PROBLEM DESCRIPTION: Gather all lines with "Iovec" from the records.

[Stored data entries]
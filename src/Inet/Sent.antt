-- ===== src/Inet/Sent.antt =====
-- The frame that send_arp puts together.
use sadie.Prelude.{
  ℕ, ◌+◌, ◌-◌, ◌/◌, ◌%◌, ◌^◌, ◌≤◌, ◌<◌, ◌≡◌, refl, ◌∙◌, ap, ◌⊎◌, inl, arith, ◌==◌, ◌∷◌, [], true,
}
use sadie.Word.{null}
use sadie.Memory.{Memory, memcpy, memset}
use sadie.Memory.Blocks.{memcpy-copies, memset-fills}
use sadie.SwapBytes.{swap_u16}
use sadie.Inet.{ac_arp_init, ac_ether_init, ether_proto_arp}
use sadie.Inet.Arp.{IsApart, ac_arp_init-IsPacket}
use sadie.Inet.Link.{
  SockaddrLl, put_fields, init_sockaddr_ll, init_ether_broadcast_sockaddr_ll, Places, clear_padding,
  frame, frame_len, frame_byte, Iovec, load16, send_arp,
}

-- Two blocks do not overlap.
abbrev pub Off : (a n b m : ℕ) → Type 0
Off a n b m = (a + n ≤ b) ⊎ (b + m ≤ a)

-- The struct of Linux: the family, the protocol, the index, the length and the address.
pub record IsLinux (l : SockaddrLl) : Type 0 where
  pub size_20 : l.size ≡ 20
  pub family_first : l.family_at ≡ 0
  pub protocol_second : l.protocol_at ≡ 2
  pub ifindex_third : l.ifindex_at ≡ 4
  pub halen_at_11 : l.halen_at ≡ 11
  pub addr_at_12 : l.addr_at ≡ 12
  pub af_packet_17 : l.af_packet ≡ 17

module _ (l : SockaddrLl) (linux : IsLinux l) (s local ifindex : ℕ) (mem : Memory)
    (off : Off local 6 s 20) where
  abbrev inited : Memory
  inited = init_ether_broadcast_sockaddr_ll l s local ifindex ether_proto_arp mem

  -- The struct begins with the family, and the protocol in network order; beside it only the local
  -- array is written.
  inited-start :
      (inited (s + 0) ≡ 17)
      × (inited (s + 1) ≡ 0)
      × (inited (s + 2) ≡ 0x08)
      × (inited (s + 3) ≡ 0x06)
      × ((a : ℕ) → (a < s) ⊎ (s + 20 ≤ a) → (a < local) ⊎ (local + 6 ≤ a) → inited a ≡ mem a)
  unfolding init_ether_broadcast_sockaddr_ll init_sockaddr_ll swap_u16
  inited-start =
      let filled = memset 6 local 0xff mem in
      let fields = put_fields l s 6 ifindex ether_proto_arp filled in
      let c = memcpy-copies 6 (s + l.addr_at) local fields (ground arith) in
      let zeros = memset-fills l.size s 0 filled in
      let ones = memset-fills 6 local 0xff mem in
      (
        c.1 (s + 0) (ground arith) ∙ ground arith,
        c.1 (s + 1) (ground arith) ∙ ground arith,
        c.1 (s + 2) (ground arith) ∙ ground arith,
        c.1 (s + 3) (ground arith) ∙ ground arith,
        λ a out out'. c.1 a (ground arith) ∙ ground (arith, zeros.1 a, ones.1 a),
      )

-- The header holds six bytes from each address and the swapped protocol, and nothing else changes.
ac_ether_init-puts :
    (hdr dst src protocol : ℕ) (mem : Memory)
    → Off hdr 14 dst 6
    → Off hdr 14 src 6
    → let m = ac_ether_init hdr dst src protocol mem in
      ((i : ℕ) → i < 6 → m (hdr + i) ≡ mem (dst + i))
      × (m (hdr + 12) ≡ swap_u16 protocol % 2 ^ 8)
      × (m (hdr + 13) ≡ swap_u16 protocol / 2 ^ 8 % 2 ^ 8)
      × ((a : ℕ) → (a < hdr) ⊎ (hdr + 14 ≤ a) → m a ≡ mem a)
unfolding ac_ether_init
ac_ether_init-puts hdr dst src protocol mem off off' =
    let m1 = memcpy 6 hdr dst mem in
    let c1 = memcpy-copies 6 hdr dst mem (omega arith) in
    let c2 = memcpy-copies 6 (hdr + 6) src m1 (omega arith) in
    (
      λ i lt. ground arith ∙ c2.1 (hdr + i) (omega arith) ∙ c1.0 i lt,
      ground arith,
      ground arith,
      λ a out. ground arith ∙ c2.1 a (omega arith) ∙ c1.1 a (omega arith),
    )

-- Where the variables of send_arp stand: none overlaps another, `arp_req` with the 20 bytes behind it.
pub record ArePlaced (v : Places) (proto_addr : ℕ) : Type 0 where
  pub dst_local : Off v.local 6 v.dst_addr 20
  pub dst_arp : Off v.dst_addr 20 v.arp_req 28
  pub dst_ether : Off v.dst_addr 20 v.ether_hdr 14
  pub arp_ether : Off v.arp_req 28 v.ether_hdr 14
  pub mac_arp : IsApart v.ifmac_addr 6 v.arp_req (v.arp_req + 28)
  pub sin_arp : IsApart v.sin_addr 4 v.arp_req (v.arp_req + 28)
  pub proto_arp : IsApart proto_addr 4 v.arp_req (v.arp_req + 28)
  pub padding_dst : Off v.padding 60 v.dst_addr 20
  pub padding_local : Off v.padding 60 v.local 6
  pub padding_arp : Off v.padding 60 v.arp_req 28
  pub padding_ether : Off v.padding 60 v.ether_hdr 14

-- What AC_INIT_CMD has cleared is zeros.
clear_padding-zeros :
    (v : Places) (mem : Memory) (i : ℕ) → i < 60 → clear_padding v mem (v.padding + i) ≡ 0
clear_padding-zeros v mem i lt = (memset-fills 60 v.padding 0 mem).0 i lt

-- The bytes of the type, loaded from network order and swapped again.
type_bytes-at :
    (a : ℕ) (m : Memory)
    → m a ≡ 0x08
    → m (a + 1) ≡ 0x06
    → (swap_u16 (load16 m a) % 2 ^ 8 ≡ 0x06) × (swap_u16 (load16 m a) / 2 ^ 8 % 2 ^ 8 ≡ 0x08)
unfolding swap_u16
type_bytes-at a m low high = rw (low, high) (refl, refl)

-- A byte of the frame behind the header and the fields of the request is one of the padding.
padding-byte :
    (i hdr req padding : ℕ) (m : Memory)
    → 22 ≤ i
    → i < 60
    → frame_byte ((hdr, 14) ∷ (req, 8) ∷ (padding, 38) ∷ []) m i ≡ m (padding + (i - 22))
padding-byte i hdr req padding m lo hi =
    let e : i - 14 - 8 ≡ i - 22 = omega arith in ground (arith, e)

-- On Linux, for a protocol address of 4 bytes and variables that do not overlap, also not with the 20
-- bytes that are written behind `arp_req`, in a memory whose padding AC_INIT_CMD has cleared, send_arp
-- puts a frame of 60 bytes together. It begins with
-- the family and the protocol of `dst_addr`, not the broadcast address; the bytes of its type are 06
-- 08, not 08 06; and behind the fields of the request it has zeros, not the addresses.
pub send_arp-frame :
    (l : SockaddrLl) (v : Places) (protocol proto_addr : ℕ) (mem : Memory)
    → IsLinux l
    → ArePlaced v proto_addr
    → (parts : Iovec) × (m : Memory) × (send_arp l v protocol 4 proto_addr (clear_padding v mem)
        ≡ frame parts m)
      × (frame_len parts ≡ 60)
      × (frame_byte parts m 0 ≡ 17)
      × (frame_byte parts m 1 ≡ 0)
      × (frame_byte parts m 2 ≡ 0x08)
      × (frame_byte parts m 3 ≡ 0x06)
      × (frame_byte parts m 12 ≡ 0x06)
      × (frame_byte parts m 13 ≡ 0x08)
      × ((i : ℕ) → 22 ≤ i → i < 60 → frame_byte parts m i ≡ 0)
unfolding send_arp
send_arp-frame l v protocol proto_addr mem0 linux p =
    let mem = clear_padding v mem0 in
    let m1 = init_ether_broadcast_sockaddr_ll l v.dst_addr v.local v.ifindex ether_proto_arp mem in
    let i1 = inited-start l linux v.dst_addr v.local v.ifindex mem p.dst_local in
    let r = ac_arp_init v.arp_req 1 1 6 protocol 4 v.ifmac_addr v.sin_addr null proto_addr m1 in
    let (len, packet) =
      ac_arp_init-IsPacket v.arp_req 1 1 6 protocol 4 v.ifmac_addr v.sin_addr null proto_addr m1
        (omega arith) (omega arith) (ground arith) (ground arith) (inl refl) (ground arith) in
    let m2 = r.1 in
    let kept : ((a : ℕ) → (a < v.arp_req) ⊎ (v.arp_req + 28 ≤ a) → m2 a ≡ m1 a) =
      λ a out. packet.outside a (omega arith) in
    let at = v.dst_addr + l.protocol_at in
    let low : m2 at ≡ 0x08 = ground (arith, kept at, i1) in
    let next : at + 1 ≡ v.dst_addr + 3 = omega arith in
    let high : m2 (at + 1) ≡ 0x06 = ap m2 next ∙ kept (v.dst_addr + 3) (ground arith) ∙ i1.3 in
    let e =
      ac_ether_init-puts v.ether_hdr v.dst_addr (v.arp_req + 8) (load16 m2 at) m2 (omega arith)
        (omega arith) in
    let m3 = ac_ether_init v.ether_hdr v.dst_addr (v.arp_req + 8) (load16 m2 at) m2 in
    let passed : (r.0 == 28) ≡ true = ground (arith, len) in
    let parts : Iovec = (v.ether_hdr, 14) ∷ (v.arp_req, 8) ∷ (v.padding, 38) ∷ [] in
    let dst : ((i : ℕ) → i < 6 → m3 (v.ether_hdr + i) ≡ m1 (v.dst_addr + i)) =
      λ i lt. e.0 i lt ∙ kept (v.dst_addr + i) (ground arith) in
    (
      parts,
      m3,
      rw passed refl,
      omega arith,
      dst 0 (omega arith) ∙ i1.0,
      dst 1 (omega arith) ∙ i1.1,
      dst 2 (omega arith) ∙ i1.2,
      dst 3 (omega arith) ∙ i1.3,
      e.1 ∙ (type_bytes-at at m2 low high).0,
      e.2 ∙ (type_bytes-at at m2 low high).1,
      λ i lo hi.
          let base = v.padding + (i - 22) in
          let zero_at : m3 base ≡ 0 =
            e.3 base (omega arith)
            ∙ kept base (omega arith)
            ∙ i1.4 base (omega arith) (omega arith)
            ∙ clear_padding-zeros v mem0 (i - 22) (omega arith) in
          padding-byte i v.ether_hdr v.arp_req v.padding m3 lo hi ∙ zero_at,
    )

OUTPUT FOR THIS EXERCISE:
  frame, frame_len, frame_byte, Iovec, load16, send_arp,
    → (parts : Iovec) × (m : Memory) × (send_arp l v protocol 4 proto_addr (clear_padding v mem)
    let parts : Iovec = (v.ether_hdr, 14) ∷ (v.arp_req, 8) ∷ (v.padding, 38) ∷ [] in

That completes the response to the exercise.